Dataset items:
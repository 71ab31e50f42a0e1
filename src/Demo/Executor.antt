-- ===== src/Demo/Executor.antt =====
-- packages/dogos_demo/command_execution.py: one command is recovered or dispatched, and its
-- completion is checked and persisted.
pub mod Keeps
pub mod Redispatch
pub mod Accepted
pub mod Rejected
use dogos_memory.Base.{
  Bool, Option, Result, [], err, false, if◌then◌else◌, none, ok, some, text_eq, true, ◌&&◌, ◌>>◌,
  ◌∷◌,
}
use dogos_memory.Demo.Models.{DemoError, adapter_binding_missing}
use dogos_memory.Demo.Persistence.{PersistOutcome, RecoveryOutcome, persist, recover}
use dogos_memory.Demo.Plan.{command}
use dogos_memory.Demo.Session.{
  AbortReason, ActionCommand, ActionReceipt, CommandReport, CompletionSource, ReceiptStatus,
  action_cancelled, action_failed, cancelled, completion_source_mismatch, persistence_pending,
  routing_conflict, service_acknowledged, service_unconfirmed,
}
use dogos_memory.Demo.World.{Action, ActionAdapter, Runtime, lift, pure, ◌>>=◌}
use dogos_memory.Memory.Models.{Mode, is_empty}

pub data CommandOutcome : Type 0 where
  command_accepted : CommandReport → CommandOutcome
  command_rejected : CommandReport → AbortReason → CommandOutcome

-- `_report`
abbrev pub report : ActionCommand → ActionReceipt → PersistOutcome → Bool → CommandReport
report c r out replayed = record {
  command = c;
  receipt = r;
  replayed = replayed;
  persisted_owner_ids = out.persisted_owner_ids;
  persistence_issues = out.issues;
}

abbrev pub empty_persist : PersistOutcome
empty_persist = record { persisted_owner_ids = []; issues = [] }

-- `_route_matches`
unfoldable pub route_matches : ActionCommand → ActionReceipt → Bool
route_matches c r = text_eq r.command_id c.command_id && text_eq r.adapter_id c.adapter_id

-- `_source_allowed`
unfoldable pub source_allowed : Mode → CompletionSource → Bool
source_allowed Mode.simulation CompletionSource.simulation = true
source_allowed Mode.simulation _ = false
source_allowed Mode.live CompletionSource.simulation = false
source_allowed Mode.live _ = true

-- accepted unless a file did not take the completion
abbrev pub settled : CommandReport → CommandOutcome
settled r =
    if is_empty r.persistence_issues
    then command_accepted r
    else command_rejected r persistence_pending

abbrev pub refused : ActionCommand → ActionReceipt → AbortReason → CommandOutcome
refused c r reason = command_rejected (report c r empty_persist false) reason

module _ (rt : Runtime) where
  open rt use {config, adapter_0, adapter_1}

  -- `_adapter`
  unfoldable pub adapter_for : ActionCommand → Result DemoError ActionAdapter
  adapter_for c =
      if text_eq adapter_0.adapter_id c.adapter_id
      then ok adapter_0
      else if text_eq adapter_1.adapter_id c.adapter_id
      then ok adapter_1
      else err adapter_binding_missing

  -- the adapter is handed the command
  unfoldable pub dispatch : ActionAdapter → ActionCommand → Action ActionReceipt
  dispatch a c w = (a.respond w.dispatched c, record w { dispatched = c ∷ w.dispatched })

  abbrev pub completed_from :
      ActionCommand → ActionReceipt → Option CompletionSource → Action CommandOutcome
  completed_from c r none = pure (refused c r completion_source_mismatch)
  completed_from c r (some source) =
      if source_allowed config.mode source
      then (do out ← persist rt c r; pure (settled (report c r out false)))
      else pure (refused c r completion_source_mismatch)

  abbrev pub by_status : ReceiptStatus → ActionCommand → ActionReceipt → Action CommandOutcome
  by_status ReceiptStatus.completed c r = completed_from c r r.source
  by_status service_acknowledged c r = pure (refused c r service_unconfirmed)
  by_status ReceiptStatus.failed c r = pure (refused c r action_failed)
  by_status cancelled c r = pure (refused c r action_cancelled)

  -- what `execute` does with the receipt of a dispatched command
  unfoldable pub judge : ActionCommand → ActionReceipt → Action CommandOutcome
  judge c r =
      if route_matches c r then by_status r.status c r else pure (refused c r routing_conflict)

  abbrev pub execute_from : ActionCommand → RecoveryOutcome → Action CommandOutcome
  execute_from c (some (receipt, out)) = pure (settled (report c receipt out true))
  execute_from c none = do adapter ← lift (adapter_for c); r ← dispatch adapter c; judge c r

  unfoldable pub execute : ActionCommand → Action CommandOutcome
  execute c = do recovered ← recover rt c; execute_from c recovered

- _Task to complete_:
Within the data above, pick out all lines holding the word "ActionReceipt".

- _Solution to the exercise_:
  AbortReason, ActionCommand, ActionReceipt, CommandReport, CompletionSource, ReceiptStatus,
abbrev pub report : ActionCommand → ActionReceipt → PersistOutcome → Bool → CommandReport
unfoldable pub route_matches : ActionCommand → ActionReceipt → Bool
abbrev pub refused : ActionCommand → ActionReceipt → AbortReason → CommandOutcome
  unfoldable pub dispatch : ActionAdapter → ActionCommand → Action ActionReceipt
      ActionCommand → ActionReceipt → Option CompletionSource → Action CommandOutcome
  abbrev pub by_status : ReceiptStatus → ActionCommand → ActionReceipt → Action CommandOutcome
  unfoldable pub judge : ActionCommand → ActionReceipt → Action CommandOutcome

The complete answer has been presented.